***** Material for this exercise
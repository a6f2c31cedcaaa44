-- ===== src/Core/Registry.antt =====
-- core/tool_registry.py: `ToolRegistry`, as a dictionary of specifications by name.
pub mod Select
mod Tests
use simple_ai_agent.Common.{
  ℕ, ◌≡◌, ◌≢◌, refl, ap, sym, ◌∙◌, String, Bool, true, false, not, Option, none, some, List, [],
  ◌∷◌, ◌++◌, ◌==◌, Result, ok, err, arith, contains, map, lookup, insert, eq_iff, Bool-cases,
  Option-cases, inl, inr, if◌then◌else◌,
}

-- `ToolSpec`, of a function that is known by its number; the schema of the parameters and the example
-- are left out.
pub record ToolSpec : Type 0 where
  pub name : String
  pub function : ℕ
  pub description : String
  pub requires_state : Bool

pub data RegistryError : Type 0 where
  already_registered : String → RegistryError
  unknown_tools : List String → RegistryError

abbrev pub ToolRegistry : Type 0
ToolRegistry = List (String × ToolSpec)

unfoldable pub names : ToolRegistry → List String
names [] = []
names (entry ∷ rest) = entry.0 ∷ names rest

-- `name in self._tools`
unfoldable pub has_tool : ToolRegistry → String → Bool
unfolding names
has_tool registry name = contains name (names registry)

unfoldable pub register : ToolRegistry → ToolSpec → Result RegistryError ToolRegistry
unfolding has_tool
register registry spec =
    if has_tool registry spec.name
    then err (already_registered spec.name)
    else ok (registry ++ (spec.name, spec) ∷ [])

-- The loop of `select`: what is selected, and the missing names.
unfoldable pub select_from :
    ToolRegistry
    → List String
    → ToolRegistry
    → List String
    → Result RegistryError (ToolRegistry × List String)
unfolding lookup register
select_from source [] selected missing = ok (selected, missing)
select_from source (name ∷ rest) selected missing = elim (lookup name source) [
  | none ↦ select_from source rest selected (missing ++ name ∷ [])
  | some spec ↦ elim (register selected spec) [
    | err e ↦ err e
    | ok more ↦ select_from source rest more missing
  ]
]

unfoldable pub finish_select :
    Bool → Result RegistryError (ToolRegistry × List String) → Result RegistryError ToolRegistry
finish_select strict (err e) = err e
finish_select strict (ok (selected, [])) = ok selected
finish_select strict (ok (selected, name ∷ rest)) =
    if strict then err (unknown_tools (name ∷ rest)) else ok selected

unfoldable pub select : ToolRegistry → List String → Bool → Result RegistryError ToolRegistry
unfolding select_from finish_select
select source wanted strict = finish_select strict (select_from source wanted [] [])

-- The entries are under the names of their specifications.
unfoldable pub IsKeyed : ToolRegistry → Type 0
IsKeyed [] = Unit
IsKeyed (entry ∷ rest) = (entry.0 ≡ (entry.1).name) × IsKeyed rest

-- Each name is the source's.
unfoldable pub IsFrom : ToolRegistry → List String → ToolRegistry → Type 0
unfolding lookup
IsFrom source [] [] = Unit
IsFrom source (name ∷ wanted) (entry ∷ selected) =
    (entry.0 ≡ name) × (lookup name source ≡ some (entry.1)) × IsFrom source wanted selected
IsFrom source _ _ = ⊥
**********
* [Task prompt]
Across all the records above, find each line with "RegistryError" in it and copy it.

* [Finished task]
pub data RegistryError : Type 0 where
  already_registered : String → RegistryError
  unknown_tools : List String → RegistryError
unfoldable pub register : ToolRegistry → ToolSpec → Result RegistryError ToolRegistry
    → Result RegistryError (ToolRegistry × List String)
    Bool → Result RegistryError (ToolRegistry × List String) → Result RegistryError ToolRegistry
unfoldable pub select : ToolRegistry → List String → Bool → Result RegistryError ToolRegistry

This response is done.